### Problem
Search the records for "false" and copy each line that holds it.

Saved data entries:
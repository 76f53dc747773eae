-- ===== src/Server/Rights/Lines.antt =====
-- The commands of admins, and a rename, as to who is an admin.
use net_cat.Base.{
  Bytes, bytes_eq, trim_space, length, ℕ, Bool, true, false, ◌≡◌, refl, ◌∙◌, ap, Option, none, some,
  inl, inr, ◌==◌, ==_iff, arith, if◌then◌else◌, [], Bool-cases,
}
use mathlib.Core.Path.{fun_ext}
use net_cat.Base.Assoc.{insert, delete}
use net_cat.Base.Heap.{update}
use net_cat.Client.{set_muted}
use net_cat.Server.{Server, Now, on_client, is_set}
use net_cat.Server.Clients.{rename_client, is_reserved_name}
use net_cat.Server.Admins.{rename_admin, save_admins}
use net_cat.Server.Commands.Travel.{finish_rename, rename_to, cmd_name}
use net_cat.Server.Commands.Moderate.{
  kick_found, cmd_kick, ban_found, cmd_ban, status_event, mute_client, unmute_client, mute_found,
  unmute_found, cmd_mute, cmd_unmute, announce_all, cmd_announce,
}
use net_cat.Server.Rights.{rights}
use net_cat.Server.Rights.Keep.{
  prompt_to-rights, reply-rights, record_room_event-rights, broadcast_room-rights,
}
use net_cat.Server.Rights.Travel.{renamed, swap_name-rights}
use net_cat.Server.Rights.Grants.{
  admins_at, of_rights, kick_client-admins, ban_client-admins, broadcast_all_rooms-rights,
  record_in_rooms-rights,
}

set_muted-admins :
    (b : Bool) (c : ℕ) (s : Server) → admins_at (on_client c (set_muted b) s) ≡ admins_at s
unfolding admins_at on_client set_muted
set_muted-admins b c s =
    fun_ext {f = λ d. (update s.heap c (set_muted b (s.heap c)) d).admin}
      {g = λ d. (s.heap d).admin} (λ d. same d)
  where
    same : (d : ℕ) → (update s.heap c (set_muted b (s.heap c)) d).admin ≡ (s.heap d).admin
    same d = ground (arith, ==_iff c d)

status_event-rights :
    (now : Now) (admin action victim : Bytes) (target : ℕ) (s : Server)
    → rights (status_event now admin action victim target s) ≡ rights s
unfolding status_event
status_event-rights now admin action victim target s =
    broadcast_all_rooms-rights _ _ ∙ record_room_event-rights _ _ s

save_admins-admins : (s : Server) → admins_at (save_admins s) ≡ admins_at s
unfolding save_admins admins_at
save_admins-admins s = elim (Bool-cases (bytes_eq s.admins_file [])) [
  | inl a ↦ rw (a, save_admins) refl
  | inr a ↦ elim (Bool-cases (s.disk.can_write s.admins_file)) [
    | inl b ↦ rw (a, b, save_admins) refl
    | inr b ↦ rw (a, b, save_admins) refl
  ]
]

rename_admin-admins :
    (old_name new_name : Bytes) (s : Server)
    → admins_at (rename_admin old_name new_name s) ≡ admins_at s
unfolding rename_admin admins_at
rename_admin-admins old_name new_name s = elim (Bool-cases (is_set old_name s.admins)) [
  | inl e ↦
      rw (e, rename_admin)
        (save_admins-admins (record s { admins = insert new_name true (delete old_name s.admins) }))
  | inr e ↦ rw (e, rename_admin) (save_admins-admins s)
]

module _ (now : Now) (c : ℕ) (args : Bytes) (s : Server) where
  replied : (msg : Bytes) → admins_at (net_cat.Server.Commands.reply now c msg s) ≡ admins_at s
  replied msg = of_rights s _ (reply-rights now c msg s)

  kick_found-admins : (o : Option ℕ) → admins_at (kick_found now c args o s) ≡ admins_at s
  unfolding kick_found
  kick_found-admins none = replied _
  kick_found-admins (some target) =
      elim (Bool-cases (bytes_eq (s.heap target).room (s.heap c).room)) [
        | inl e ↦
            rw (e, kick_found)
              (of_rights _ _ (prompt_to-rights now c _)
                ∙ kick_client-admins now (s.heap c).username args target s)
        | inr e ↦ rw (e, kick_found) (replied _)
      ]

  pub cmd_kick-admins : admins_at (cmd_kick now c args s) ≡ admins_at s
  unfolding cmd_kick
  cmd_kick-admins = elim (Bool-cases (bytes_eq args [])) [
    | inl e ↦ rw (e, cmd_kick) (replied _)
    | inr e ↦ rw (e, cmd_kick) (kick_found-admins _)
  ]

  ban_found-admins : (o : Option ℕ) → admins_at (ban_found now c args o s) ≡ admins_at s
  unfolding ban_found
  ban_found-admins none = replied _
  ban_found-admins (some target) =
      of_rights _ _ (prompt_to-rights now c _)
      ∙ ban_client-admins now (s.heap c).username (s.heap c).username args target s

  pub cmd_ban-admins : admins_at (cmd_ban now c args s) ≡ admins_at s
  unfolding cmd_ban
  cmd_ban-admins = elim (Bool-cases (bytes_eq args [])) [
    | inl e ↦ rw (e, cmd_ban) (replied _)
    | inr e ↦ rw (e, cmd_ban) (ban_found-admins _)
  ]

  mute_found-admins : (o : Option ℕ) → admins_at (mute_found now c args o s) ≡ admins_at s
  unfolding mute_found mute_client
  mute_found-admins none = replied _
  mute_found-admins (some target) = elim (Bool-cases (s.heap target).muted) [
    | inl e ↦ rw (e, mute_found) (replied _)
    | inr e ↦
        rw (e, mute_found)
          (of_rights _ _ (prompt_to-rights now c _ ∙ status_event-rights now _ _ _ target _)
            ∙ set_muted-admins true target s)
  ]

  pub cmd_mute-admins : admins_at (cmd_mute now c args s) ≡ admins_at s
  unfolding cmd_mute
  cmd_mute-admins = elim (Bool-cases (bytes_eq args [])) [
    | inl e ↦ rw (e, cmd_mute) (replied _)
    | inr e ↦ rw (e, cmd_mute) (mute_found-admins _)
  ]

  unmute_found-admins : (o : Option ℕ) → admins_at (unmute_found now c args o s) ≡ admins_at s
  unfolding unmute_found unmute_client
  unmute_found-admins none = replied _
  unmute_found-admins (some target) = elim (Bool-cases (s.heap target).muted) [
    | inl e ↦
        rw (e, unmute_found)
          (of_rights _ _ (prompt_to-rights now c _ ∙ status_event-rights now _ _ _ target _)
            ∙ set_muted-admins false target s)
    | inr e ↦ rw (e, unmute_found) (replied _)
  ]

  pub cmd_unmute-admins : admins_at (cmd_unmute now c args s) ≡ admins_at s
  unfolding cmd_unmute
  cmd_unmute-admins = elim (Bool-cases (bytes_eq args [])) [
    | inl e ↦ rw (e, cmd_unmute) (replied _)
    | inr e ↦ rw (e, cmd_unmute) (unmute_found-admins _)
  ]

  pub cmd_announce-rights : rights (cmd_announce now c args s) ≡ rights s
  unfolding cmd_announce announce_all
  cmd_announce-rights = elim (Bool-cases (length (trim_space args) == 0)) [
    | inl e ↦ rw (e, cmd_announce) (reply-rights now c _ s)
    | inr e ↦
        rw (e, cmd_announce)
          (prompt_to-rights now c _ ∙ broadcast_all_rooms-rights _ _ ∙ record_in_rooms-rights _ _ s)
  ]

  saved :
      (old_name new_name : Bytes) (t : Server)
      → admins_at (if (t.heap c).admin then rename_admin old_name new_name t else t) ≡ admins_at t
  saved old_name new_name t = elim (Bool-cases (t.heap c).admin) [
    | inl e ↦ rw e (rename_admin-admins old_name new_name t)
    | inr e ↦ rw e refl
  ]

  finish_rename-admins :
      (old_name new_name : Bytes) (o : Option Server)
      → rename_client c old_name new_name s ≡ o
      → admins_at (finish_rename now c old_name new_name o s) ≡ admins_at s
  unfolding finish_rename
  finish_rename-admins old_name new_name none h = replied _
  finish_rename-admins old_name new_name (some t) h =
      of_rights _ _
        (prompt_to-rights now c _ ∙ broadcast_room-rights _ _ _ _ ∙ record_room_event-rights _ _ _)
      ∙ saved old_name new_name t
      ∙ of_rights s t
          (ap rights (renamed c old_name new_name s t h) ∙ swap_name-rights c old_name new_name s)

  rename_to-admins :
      (new_name : Bytes) (o : Option Bytes) → admins_at (rename_to now c new_name o s) ≡ admins_at s
  unfolding rename_to
  rename_to-admins new_name (some problem) = replied _
  rename_to-admins new_name none = elim (Bool-cases (is_reserved_name new_name s)) [
    | inl a ↦ rw (a, rename_to) (replied _)
    | inr a ↦ elim (Bool-cases (bytes_eq new_name (s.heap c).username)) [
      | inl b ↦ rw (a, b, rename_to) (replied _)
      | inr b ↦ rw (a, b, rename_to) (finish_rename-admins (s.heap c).username new_name _ refl)
    ]
  ]

  pub cmd_name-admins : admins_at (cmd_name now c args s) ≡ admins_at s
  unfolding cmd_name
  cmd_name-admins = elim (Bool-cases (bytes_eq args [])) [
    | inl e ↦ rw (e, cmd_name) (replied _)
    | inr e ↦ rw (e, cmd_name) (rename_to-admins args _)
  ]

### Answer space
  Bytes, bytes_eq, trim_space, length, ℕ, Bool, true, false, ◌≡◌, refl, ◌∙◌, ap, Option, none, some,
            ∙ set_muted-admins false target s)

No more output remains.